What you have to do: Using the data below, report how many lines hold the word "before". Include nothing else in the reply.

[Opening Task data section]

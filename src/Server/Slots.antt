-- ===== src/Server/Slots.antt =====
-- The slots while a connection registers that has none.
use suplalite.Common.{
  ℕ, ◌≡◌, ◌≢◌, refl, sym, ap, ◌∙◌, true, false, Option, none, some, inl, inr, Option-cases,
}
use suplalite.Python.Text.{Str}
use suplalite.Python.Dict.{Dict, lookup, put}
use suplalite.Server.Types.{ServerState, eq_ℕ}
use suplalite.Server.World.{
  role_after, next_role, Role, anonymous, client, device, Conn, superseded_conns,
}
use suplalite.Server.Clients.{none≢some, some_injective}
use suplalite.Server.Ownership.{Owns, superseded_old, Owns-same, Owns-other}
use suplalite.Server.Handling.{renamed}
use suplalite.Server.Owned.{client_of, device_of, IsOwned}

-- A connection that has not registered: it handles the first calls.
pub record IsFree (conns : Dict ℕ Conn) (k : ℕ) (c : Conn) : Type 0 where
  pub there : lookup eq_ℕ conns k ≡ some c
  pub live : c.superseded ≡ false
  pub unregistered : c.context.role ≡ anonymous
  pub unreplaced : c.context.replacement ≡ none

pub IsFree-next_role :
    (conns : Dict ℕ Conn) (k : ℕ) (c : Conn) → IsFree conns k c → next_role c.context ≡ anonymous
IsFree-next_role conns k c free =
    ap (λ o. role_after o c.context.role) free.unreplaced ∙ free.unregistered

-- Nobody's slot names it.
Owns-free :
    (kind : Role → Option ℕ) (conns : Dict ℕ Conn) (table : Dict ℕ ℕ) (k : ℕ) (c : Conn)
    → Owns kind conns table
    → IsFree conns k c
    → kind anonymous ≡ none
    → (i : ℕ) → lookup eq_ℕ table i ≢ some k
Owns-free kind conns table k c owns free of_none i e =
    let (d, e1, e2, e3) = owns.held i k e in
    let same : d ≡ c = some_injective (sym e1 ∙ free.there) in
    none≢some (
      sym of_none
      ∙ ap kind (sym (IsFree-next_role conns k c free))
      ∙ ap (λ (x : Conn). kind (next_role x.context)) (sym same)
      ∙ e3)

module _ (s : ServerState) (conns : Dict ℕ Conn) (owned : IsOwned s conns) (k : ℕ) (c : Conn)
    (free : IsFree conns k c) where
  -- The connections when `old` has been superseded, and this one will have a role.
  abbrev pub taken : Option ℕ → Str → Role → Dict ℕ Conn
  taken old name' role' = put eq_ℕ (superseded_old conns old) k (renamed c name' role')

  pub client_slot-free : (i : ℕ) → lookup eq_ℕ s.client_connections i ≢ some k
  client_slot-free = Owns-free client_of conns s.client_connections k c owned.client_slots free refl

  pub device_slot-free : (i : ℕ) → lookup eq_ℕ s.device_connections i ≢ some k
  device_slot-free = Owns-free device_of conns s.device_connections k c owned.device_slots free refl

-- A slot of one kind is taken: the slots of the other kind stay.
pub Owns-beside :
    (kind other : Role → Option ℕ)
    → ((r : Role) (i : ℕ) → kind r ≡ some i → other r ≡ none)
    → other anonymous ≡ none
    → (conns : Dict ℕ Conn) (table table' : Dict ℕ ℕ) → Owns kind conns table
    → Owns other conns table'
    → (k i : ℕ) (c c' : Conn) → lookup eq_ℕ (superseded_old conns (lookup eq_ℕ table i)) k ≡ some c
    → next_role c.context ≡ anonymous
    → other (next_role c'.context) ≡ none
    → Owns other (put eq_ℕ (superseded_old conns (lookup eq_ℕ table i)) k c') table'
Owns-beside kind other apart of_none conns table table' owns owns' k i c c' there unregistered
      role' =
    elim (Option-cases (lookup eq_ℕ table i)) [
      | inl e ↦
          Owns-other other (superseded_old conns (lookup eq_ℕ table i)) table'
            (Owns-same other conns table' owns' (superseded_old conns (lookup eq_ℕ table i))
              (λ j. rw e refl))
            k c' before role'
      | inr (j, e) ↦
          let (d, e1, e2, e3) = owns.held i j e in
          let gone : Conn = record d { superseded = true } in
          let kept : Owns other (put eq_ℕ conns j gone) table' =
            Owns-other other conns table' owns' j gone
              (λ d' e4.
                apart (next_role d'.context) i (
                  ap (λ (x : Conn). kind (next_role x.context)) (some_injective (sym e4 ∙ e1))
                  ∙ e3))
              (apart (next_role d.context) i e3) in
          Owns-other other (superseded_old conns (lookup eq_ℕ table i)) table'
            (Owns-same other (put eq_ℕ conns j gone) table' kept
              (superseded_old conns (lookup eq_ℕ table i))
              (λ j'. rw (e, e1, superseded_conns) refl))
            k c' before role'
    ]
  where
    before :
        (d : Conn)
        → lookup eq_ℕ (superseded_old conns (lookup eq_ℕ table i)) k ≡ some d
        → other (next_role d.context) ≡ none
    before d e =
        ap (λ (x : Conn). other (next_role x.context)) (some_injective (sym e ∙ there))
        ∙ ap other unregistered
        ∙ of_none

pub client-apart : (r : Role) (i : ℕ) → client_of r ≡ some i → device_of r ≡ none
client-apart anonymous i e = refl
client-apart (client g j) i e = refl
client-apart (device g j) i e = absurd (none≢some e)

pub device-apart : (r : Role) (i : ℕ) → device_of r ≡ some i → client_of r ≡ none
device-apart anonymous i e = refl
device-apart (client g j) i e = absurd (none≢some e)
device-apart (device g j) i e = refl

[Closing Task data section]

Task solution: 4